◆ Recorded information:
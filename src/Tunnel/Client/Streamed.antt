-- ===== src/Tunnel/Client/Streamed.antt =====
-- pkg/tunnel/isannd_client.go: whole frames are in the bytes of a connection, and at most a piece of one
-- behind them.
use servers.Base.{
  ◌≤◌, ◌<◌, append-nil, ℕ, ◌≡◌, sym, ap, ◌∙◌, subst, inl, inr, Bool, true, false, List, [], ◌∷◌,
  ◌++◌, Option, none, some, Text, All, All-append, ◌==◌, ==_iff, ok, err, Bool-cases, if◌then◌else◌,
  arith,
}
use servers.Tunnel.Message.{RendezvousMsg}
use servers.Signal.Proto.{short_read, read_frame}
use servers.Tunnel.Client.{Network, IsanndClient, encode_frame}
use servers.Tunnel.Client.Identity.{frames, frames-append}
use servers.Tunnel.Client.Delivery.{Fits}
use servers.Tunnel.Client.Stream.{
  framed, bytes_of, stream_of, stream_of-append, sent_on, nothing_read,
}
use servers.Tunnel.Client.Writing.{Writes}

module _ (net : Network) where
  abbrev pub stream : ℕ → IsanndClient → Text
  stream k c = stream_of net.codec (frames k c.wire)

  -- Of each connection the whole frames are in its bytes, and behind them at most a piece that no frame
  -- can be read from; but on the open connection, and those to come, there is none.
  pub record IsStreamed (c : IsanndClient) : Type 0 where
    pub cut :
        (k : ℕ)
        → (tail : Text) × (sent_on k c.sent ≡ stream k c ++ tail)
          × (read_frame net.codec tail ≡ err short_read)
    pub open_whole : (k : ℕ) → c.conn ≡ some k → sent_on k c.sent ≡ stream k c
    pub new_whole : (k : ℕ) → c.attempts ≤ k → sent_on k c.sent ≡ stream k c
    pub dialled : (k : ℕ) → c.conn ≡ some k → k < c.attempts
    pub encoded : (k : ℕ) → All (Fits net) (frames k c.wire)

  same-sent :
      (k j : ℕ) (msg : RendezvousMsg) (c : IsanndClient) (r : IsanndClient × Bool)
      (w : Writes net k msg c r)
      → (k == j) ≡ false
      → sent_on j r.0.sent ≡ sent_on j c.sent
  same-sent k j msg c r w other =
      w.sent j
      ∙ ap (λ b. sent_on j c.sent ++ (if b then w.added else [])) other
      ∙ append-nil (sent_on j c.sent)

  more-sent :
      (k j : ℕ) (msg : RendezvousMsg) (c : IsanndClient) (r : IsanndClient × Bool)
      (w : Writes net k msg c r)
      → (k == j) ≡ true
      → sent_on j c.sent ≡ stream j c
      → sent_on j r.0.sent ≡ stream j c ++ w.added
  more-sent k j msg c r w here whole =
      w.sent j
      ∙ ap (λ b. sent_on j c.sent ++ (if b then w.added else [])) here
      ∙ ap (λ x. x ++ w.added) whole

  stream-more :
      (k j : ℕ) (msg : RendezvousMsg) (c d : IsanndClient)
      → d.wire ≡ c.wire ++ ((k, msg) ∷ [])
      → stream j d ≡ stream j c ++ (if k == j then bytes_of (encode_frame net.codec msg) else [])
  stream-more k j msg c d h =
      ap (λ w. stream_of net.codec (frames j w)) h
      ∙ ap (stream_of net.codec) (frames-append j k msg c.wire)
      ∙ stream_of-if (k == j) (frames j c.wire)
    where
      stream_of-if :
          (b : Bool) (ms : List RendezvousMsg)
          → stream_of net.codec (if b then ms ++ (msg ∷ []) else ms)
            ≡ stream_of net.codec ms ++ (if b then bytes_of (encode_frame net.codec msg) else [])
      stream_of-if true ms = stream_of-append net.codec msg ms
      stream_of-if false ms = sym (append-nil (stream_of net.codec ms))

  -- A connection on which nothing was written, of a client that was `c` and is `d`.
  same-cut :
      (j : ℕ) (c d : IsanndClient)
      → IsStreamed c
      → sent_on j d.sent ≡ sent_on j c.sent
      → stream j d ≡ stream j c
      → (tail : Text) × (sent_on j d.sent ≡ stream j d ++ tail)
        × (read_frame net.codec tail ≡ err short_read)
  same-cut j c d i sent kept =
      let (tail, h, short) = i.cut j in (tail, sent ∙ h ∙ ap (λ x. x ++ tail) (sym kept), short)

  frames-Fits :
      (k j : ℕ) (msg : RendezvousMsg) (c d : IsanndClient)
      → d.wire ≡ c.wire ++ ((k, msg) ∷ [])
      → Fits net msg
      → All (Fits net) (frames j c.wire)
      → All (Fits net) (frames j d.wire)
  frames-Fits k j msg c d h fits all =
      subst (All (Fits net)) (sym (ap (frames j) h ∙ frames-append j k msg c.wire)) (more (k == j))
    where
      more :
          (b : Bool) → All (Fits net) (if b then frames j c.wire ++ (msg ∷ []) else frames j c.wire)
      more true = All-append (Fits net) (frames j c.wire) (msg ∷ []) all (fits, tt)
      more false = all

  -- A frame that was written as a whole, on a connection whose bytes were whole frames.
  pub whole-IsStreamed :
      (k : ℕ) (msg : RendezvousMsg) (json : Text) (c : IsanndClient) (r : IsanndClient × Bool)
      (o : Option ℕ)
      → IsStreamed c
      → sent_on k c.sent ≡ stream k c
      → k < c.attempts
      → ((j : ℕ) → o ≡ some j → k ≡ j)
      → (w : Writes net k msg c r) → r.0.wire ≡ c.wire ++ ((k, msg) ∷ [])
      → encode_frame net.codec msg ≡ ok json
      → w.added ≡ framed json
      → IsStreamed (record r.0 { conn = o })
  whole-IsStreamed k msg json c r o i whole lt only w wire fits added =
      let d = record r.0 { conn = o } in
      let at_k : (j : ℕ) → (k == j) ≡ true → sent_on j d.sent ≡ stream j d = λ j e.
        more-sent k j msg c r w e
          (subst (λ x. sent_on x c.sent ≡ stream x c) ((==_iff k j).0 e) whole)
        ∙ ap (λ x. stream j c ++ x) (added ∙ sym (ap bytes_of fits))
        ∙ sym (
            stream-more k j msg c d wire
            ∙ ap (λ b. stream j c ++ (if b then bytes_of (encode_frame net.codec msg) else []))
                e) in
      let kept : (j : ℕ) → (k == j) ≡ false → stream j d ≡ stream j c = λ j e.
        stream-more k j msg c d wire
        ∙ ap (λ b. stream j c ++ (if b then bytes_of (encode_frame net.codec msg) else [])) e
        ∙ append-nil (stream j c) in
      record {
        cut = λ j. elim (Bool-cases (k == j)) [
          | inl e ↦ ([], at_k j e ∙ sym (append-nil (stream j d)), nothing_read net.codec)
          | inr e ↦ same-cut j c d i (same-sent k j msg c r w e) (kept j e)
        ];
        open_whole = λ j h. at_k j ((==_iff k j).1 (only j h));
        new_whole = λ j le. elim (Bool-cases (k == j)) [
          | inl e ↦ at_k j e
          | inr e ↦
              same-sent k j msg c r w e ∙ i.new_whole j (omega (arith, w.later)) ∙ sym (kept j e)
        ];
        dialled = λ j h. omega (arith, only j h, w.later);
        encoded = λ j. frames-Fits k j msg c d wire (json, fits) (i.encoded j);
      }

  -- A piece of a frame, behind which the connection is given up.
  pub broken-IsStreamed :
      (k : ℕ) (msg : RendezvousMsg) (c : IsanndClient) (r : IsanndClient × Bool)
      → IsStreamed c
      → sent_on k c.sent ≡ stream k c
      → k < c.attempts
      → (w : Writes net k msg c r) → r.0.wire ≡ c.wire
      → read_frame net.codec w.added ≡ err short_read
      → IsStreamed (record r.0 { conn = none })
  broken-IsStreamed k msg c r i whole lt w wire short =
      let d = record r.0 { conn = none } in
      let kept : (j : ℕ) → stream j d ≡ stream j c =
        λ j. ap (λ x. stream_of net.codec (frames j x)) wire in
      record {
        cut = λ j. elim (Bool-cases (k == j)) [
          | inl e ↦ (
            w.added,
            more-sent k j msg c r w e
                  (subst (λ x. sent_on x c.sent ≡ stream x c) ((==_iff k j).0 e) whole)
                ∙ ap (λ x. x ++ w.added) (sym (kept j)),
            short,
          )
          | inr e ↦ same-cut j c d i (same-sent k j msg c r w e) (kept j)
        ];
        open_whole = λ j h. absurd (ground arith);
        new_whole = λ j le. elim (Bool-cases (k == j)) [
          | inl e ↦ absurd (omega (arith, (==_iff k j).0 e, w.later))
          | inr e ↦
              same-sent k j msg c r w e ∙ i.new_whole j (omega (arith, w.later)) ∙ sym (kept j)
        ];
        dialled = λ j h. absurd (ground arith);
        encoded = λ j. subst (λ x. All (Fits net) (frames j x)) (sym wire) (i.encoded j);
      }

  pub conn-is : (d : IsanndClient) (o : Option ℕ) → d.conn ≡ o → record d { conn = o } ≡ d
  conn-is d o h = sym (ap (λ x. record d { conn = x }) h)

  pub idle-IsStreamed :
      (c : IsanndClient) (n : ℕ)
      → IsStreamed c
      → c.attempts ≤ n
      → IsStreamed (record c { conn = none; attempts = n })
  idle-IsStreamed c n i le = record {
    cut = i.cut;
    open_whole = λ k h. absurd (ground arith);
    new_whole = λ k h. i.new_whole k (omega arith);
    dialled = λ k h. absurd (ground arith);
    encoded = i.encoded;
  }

◆ Problem details: Copy every single line of the material above that holds "Text".

◆ Task result:
  ◌++◌, Option, none, some, Text, All, All-append, ◌==◌, ==_iff, ok, err, Bool-cases, if◌then◌else◌,
  abbrev pub stream : ℕ → IsanndClient → Text
        → (tail : Text) × (sent_on k c.sent ≡ stream k c ++ tail)
      → (tail : Text) × (sent_on j d.sent ≡ stream j d ++ tail)
      (k : ℕ) (msg : RendezvousMsg) (json : Text) (c : IsanndClient) (r : IsanndClient × Bool)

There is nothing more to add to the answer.